Using the data beneath this instruction, retype only the lines from the one that contains "filename src/Prelude/Chars.antt" down to the one that contains "is_digit c = leb b'0' c && leb c b'9'", both included, exactly as they appear.
== Segment start ==
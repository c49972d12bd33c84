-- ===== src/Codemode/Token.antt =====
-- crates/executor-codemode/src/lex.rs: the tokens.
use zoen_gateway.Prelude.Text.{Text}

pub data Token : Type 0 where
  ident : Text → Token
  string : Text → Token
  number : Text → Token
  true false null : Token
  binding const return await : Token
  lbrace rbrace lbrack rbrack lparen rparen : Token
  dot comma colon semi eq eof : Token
== Segment end ==
== Segment start ==
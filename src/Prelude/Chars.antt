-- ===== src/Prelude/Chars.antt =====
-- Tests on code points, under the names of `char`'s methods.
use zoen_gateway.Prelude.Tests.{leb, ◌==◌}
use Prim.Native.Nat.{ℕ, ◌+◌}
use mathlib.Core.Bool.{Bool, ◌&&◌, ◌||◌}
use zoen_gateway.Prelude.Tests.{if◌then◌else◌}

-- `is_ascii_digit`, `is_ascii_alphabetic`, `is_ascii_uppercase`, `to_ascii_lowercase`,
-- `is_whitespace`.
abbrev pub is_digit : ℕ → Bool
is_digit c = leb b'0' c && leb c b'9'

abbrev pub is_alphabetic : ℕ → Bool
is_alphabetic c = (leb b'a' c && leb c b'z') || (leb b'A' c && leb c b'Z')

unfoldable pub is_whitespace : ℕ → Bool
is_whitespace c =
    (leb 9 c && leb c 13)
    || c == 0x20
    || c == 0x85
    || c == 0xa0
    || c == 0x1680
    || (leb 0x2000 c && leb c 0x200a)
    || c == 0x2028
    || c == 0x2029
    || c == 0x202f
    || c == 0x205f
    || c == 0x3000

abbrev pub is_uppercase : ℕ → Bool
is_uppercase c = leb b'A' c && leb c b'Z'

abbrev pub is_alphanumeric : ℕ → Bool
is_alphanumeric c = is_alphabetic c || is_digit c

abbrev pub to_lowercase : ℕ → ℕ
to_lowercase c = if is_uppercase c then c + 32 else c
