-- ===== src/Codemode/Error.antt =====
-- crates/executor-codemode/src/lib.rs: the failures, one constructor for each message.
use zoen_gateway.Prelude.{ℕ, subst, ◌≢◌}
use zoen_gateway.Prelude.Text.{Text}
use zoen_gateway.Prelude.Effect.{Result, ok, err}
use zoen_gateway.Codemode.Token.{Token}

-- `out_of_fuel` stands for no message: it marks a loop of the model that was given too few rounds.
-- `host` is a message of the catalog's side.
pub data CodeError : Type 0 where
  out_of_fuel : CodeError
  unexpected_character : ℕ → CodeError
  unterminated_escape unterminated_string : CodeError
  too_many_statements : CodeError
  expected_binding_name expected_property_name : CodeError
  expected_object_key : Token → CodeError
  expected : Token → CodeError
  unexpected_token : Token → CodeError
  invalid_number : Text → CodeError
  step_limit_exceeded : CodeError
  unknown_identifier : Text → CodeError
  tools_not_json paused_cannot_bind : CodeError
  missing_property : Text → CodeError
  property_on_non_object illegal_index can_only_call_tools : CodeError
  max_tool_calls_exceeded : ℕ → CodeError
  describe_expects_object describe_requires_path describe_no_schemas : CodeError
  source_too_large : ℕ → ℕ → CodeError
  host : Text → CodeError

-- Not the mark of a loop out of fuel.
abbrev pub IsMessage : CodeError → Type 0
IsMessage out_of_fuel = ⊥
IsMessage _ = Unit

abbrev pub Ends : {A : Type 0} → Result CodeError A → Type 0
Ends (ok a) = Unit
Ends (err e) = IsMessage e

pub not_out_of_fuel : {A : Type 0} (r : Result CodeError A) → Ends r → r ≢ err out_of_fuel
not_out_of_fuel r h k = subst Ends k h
== Segment end ==
Reply:
filename src/Prelude/Chars.antt
-- ===== src/Prelude/Chars.antt =====
-- Tests on code points, under the names of `char`'s methods.
use zoen_gateway.Prelude.Tests.{leb, ◌==◌}
use Prim.Native.Nat.{ℕ, ◌+◌}
use mathlib.Core.Bool.{Bool, ◌&&◌, ◌||◌}
use zoen_gateway.Prelude.Tests.{if◌then◌else◌}

-- `is_ascii_digit`, `is_ascii_alphabetic`, `is_ascii_uppercase`, `to_ascii_lowercase`,
-- `is_whitespace`.
abbrev pub is_digit : ℕ → Bool
is_digit c = leb b'0' c && leb c b'9'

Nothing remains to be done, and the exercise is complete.